As an intern for the Regenerative Design Group each day is eventful, but mostly excitingly diverse, not knowing where you will be and what you will be doing. On August 6th I was invited to an Ecological Landscaping Association (ELA) event at the Blackstone River Canal in Grafton Massachusetts. You wouldn’t know by driving through the town of Grafton, but a cutting edge, bioremediation laboratory is at work there. The problem is the pollution of the Blackstone River Canal, which today holds a number of pollutant metals. The number one pollutant being, #6 oil fuel which has continued to seep through the canal walls since the 70’s and most likely long before then. As you approach the laboratory at Mill Villages Park, you begin to see signs of scientific study, when you are greeted by a large greenhouse housing six tanks of water and plant matter of great size and significance. I was fortunate enough to hear Gene Bernat, the project owner and Vice President of Cover Technologies explain the relevance and importance of his project at the Blackstone River Canal. I became deeply immersed in his passion for creating what he and his partner proudly call “The Living Systems Laboratory”. His partner, John Todd founder of John Todd Ecological Design and pioneer in the design of ecological wastewater treatment systems, equally shares Gene’s dedication; and together along with a bright and knowledgeable Civil Engineer-in-training, Max Rome from the University of Massachusetts, explain the three different technologies working to treat the Blackstone River Canal.
First however, what is Bioremediaton? Websters dictionary defines it as,
“The treatment of pollutants or waste (as in an oil spill, contaminated, groundwater, or an industrial process) by the use of microorganisms (as bacteria) that break down the undesirable substances”
Bioremediation is a desirable, and ecological alternative to the old method of removing pollutants and waste from the ground. Older methods involved destroying the landscape through excavation of the earth, using heavy machinery to move polluted soil off site, and then capping the ground with new soil thus creating a “habitable” environment. It was a costly and destructive way to cleanse the ground, and then where does the polluted soil go?
Eco Machine & Canal Restorer
Diagram from https://wordpress.clarku.edu/fisherville/history/
At the living systems laboratory in Grafton they are using the system John Todd calls the “Eco-Machine,” which reduces pollutants in the water through a biologically diverse and complex ecological process.
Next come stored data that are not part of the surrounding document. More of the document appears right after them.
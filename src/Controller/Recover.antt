-- ===== src/Controller/Recover.antt =====
-- internal/controller/controller.go: recovery at the start, commands from Raft, snapshots.
pub mod Replay
mod Tests
use raft_recovery.Prelude.{
  ℕ, ◌+◌, Bool, true, false, Option, none, some, List, [], ◌∷◌, String, if◌then◌else◌, ◌||◌,
}
use raft_recovery.Types.{Job, JobStatus, SnapshotData, is_completed}
use raft_recovery.JobManager
use raft_recovery.JobManager.{
  JobManager, JobError, enqueue, mark_in_flight, mark_completed, requeue, mark_dead, get_job,
  is_dead, restore, snapshot, partial_snapshot, get_all_in_flight_jobs, set_last_applied_index,
}
use raft_recovery.Wal.Event.{Event, EventType, ack, retry, timeout, dead, other}
use raft_recovery.Wal.Event
use raft_recovery.Wal.Writer.{WalLine, ReplayError, replay}
use raft_recovery.Snapshot.Manager.{Disk, Loaded, SnapshotError, loaded, load_failed, load}

-- The handler of `replayWAL`: what an event does to the manager.
unfoldable pub apply_event : ℕ → ℕ → JobManager → EventType → String → JobManager × Option JobError
apply_event now task_timeout jm Event.enqueue id = (jm, none)
apply_event now task_timeout jm Event.dispatch id =
    if JobManager.is_completed jm id || is_dead jm id
    then (jm, none)
    else mark_in_flight jm now id (now + task_timeout)
apply_event now task_timeout jm ack id =
    if JobManager.is_completed jm id then (jm, none) else mark_completed jm now id
apply_event now task_timeout jm retry id = requeue jm now id
apply_event now task_timeout jm timeout id = requeue jm now id
apply_event now task_timeout jm dead id = mark_dead jm now id
apply_event now task_timeout jm (other type) id = (jm, none)

unfoldable pub replay_handler : ℕ → ℕ → JobManager → Event → JobManager × Option JobError
unfolding apply_event
replay_handler now task_timeout jm event = apply_event now task_timeout jm event.type event.job_id

-- The loop of `Start` over the jobs in flight; a refused one is only reported.
unfoldable pub requeue_all : JobManager → ℕ → List String → JobManager
requeue_all jm now [] = jm
requeue_all jm now (id ∷ ids) = requeue_all ((requeue jm now id).0) now ids

pub data StartError : Type 0 where
  snapshot_failed : SnapshotError → StartError
  replay_failed : ReplayError JobError → StartError

-- The recovery phase of `Start`, on a readable or unreadable snapshot file and the records of the log.
unfoldable pub recover :
    (List ℕ → ℕ) → ℕ → ℕ → JobManager → Bool → Disk → List WalLine → JobManager × Option StartError
unfolding replay_handler requeue_all
recover crc32 now task_timeout jm readable disk lines = elim (load readable disk) [
  | load_failed error ↦ (jm, some (snapshot_failed error))
  | loaded data' ↦
      let (replayed, error) =
        replay crc32 (replay_handler now task_timeout) (restore jm data') lines in
      elim error [
        | some e ↦ (replayed, some (replay_failed e))
        | none ↦ (requeue_all replayed now (get_all_in_flight_jobs replayed), none)
      ]
]

-- A command as `json.Unmarshal` reads it.
pub data RaftCommand : Type 0 where
  enqueue_command : List Job → RaftCommand
  ack_command : String → JobStatus → RaftCommand
  unknown_command undecodable : RaftCommand

unfoldable pub apply_enqueues : JobManager → ℕ → List Job → JobManager
apply_enqueues jm now [] = jm
apply_enqueues jm now (job ∷ jobs) =
    let known = apply_enqueues jm now jobs in
    let new = apply_enqueues ((enqueue jm now job).0) now jobs in
    elim (get_job jm job.id) [ some old ↦ known | none ↦ new ]

-- `handleRaftCommand`. An acknowledged job is marked under its own identifier.
unfoldable pub handle_raft_command : JobManager → ℕ → RaftCommand → JobManager
unfolding apply_enqueues
handle_raft_command jm now (enqueue_command jobs) = apply_enqueues jm now jobs
handle_raft_command jm now (ack_command id status) =
    if JobManager.is_completed jm id || is_dead jm id then jm else elim (get_job jm id) [
      | none ↦ jm
      | some job ↦
          if is_completed status
          then (mark_completed jm now job.id).0
          else (mark_dead jm now job.id).0
    ]
handle_raft_command jm now unknown_command = jm
handle_raft_command jm now undecodable = jm

-- A round of `applyLoop` that receives a valid message.
unfoldable pub apply_message : JobManager → ℕ → RaftCommand → ℕ → JobManager
unfolding handle_raft_command
apply_message jm now command index =
    set_last_applied_index (handle_raft_command jm now command) index

-- Phase 1 of `takeSnapshot`: with Raft only the active jobs, under the index that was applied last.
unfoldable pub snapshot_data : JobManager → Bool → ℕ → SnapshotData
snapshot_data jm has_raft wal_seq =
    if has_raft
    then record (partial_snapshot jm) { last_seq = jm.last_applied_index }
    else record (snapshot jm) { last_seq = wal_seq }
First water moves through the “Bottom Filters,” which removes harmful pollutants through three cubic yards of anaerobic bacterial tubing. Second, the water is pumped into the greenhouse and through fungi containers called “Myco-Reacters.” These fungi break down hydrocarbons and pollutants (complex molecules) into simple compounds, allowing other species a chance to feed on the harmful pollutants. They are also studying the potential of certain fungi to transform the same harmful metals into harmless metals. Finally, after going through the fungi tubs, the water is led into six sequentially organized, 700-gallon algae tanks filled with microbes, plants, and animals. These tanks are filled with snails, shrimp like crustaceans, fish and plants producing an environment for anaerobic bio-microbial life. Plants like Typha latifolia or Bull Rush which have already been proven to help cleanse the water of harmful sediments and pollutants were included in the process. Other volunteer specimens like Lythrum salicaria Purple Loosestrife, which somehow found its way into the tanks have showed signs of also being beneficial to the cleaning process in addition to being ornamental.Canal Restorer
Finally after leaving the Eco-Machine the water is redistributed along the “Canal Restorer,” which is strategically positioned running linearly with the canal, holding a variety of native plants with well established root systems. The idea is to one day evolve this entire system into becoming self-sustaining, and self-remediating one. This will be done through reintroducing the bio-treated water into the Canal Restorer, which will act as a source for beneficial bacteria, improving the ability of the canal to bioremediate on its own. Eventually the Canal will rid itself of pollutants solely through biological means, with little to no human interaction whatsoever. The living systems laboratory is a bold endeavor,no doubt, yet remains one of the only designs of its kind, making it a part of the frontier for bioremediation technologies.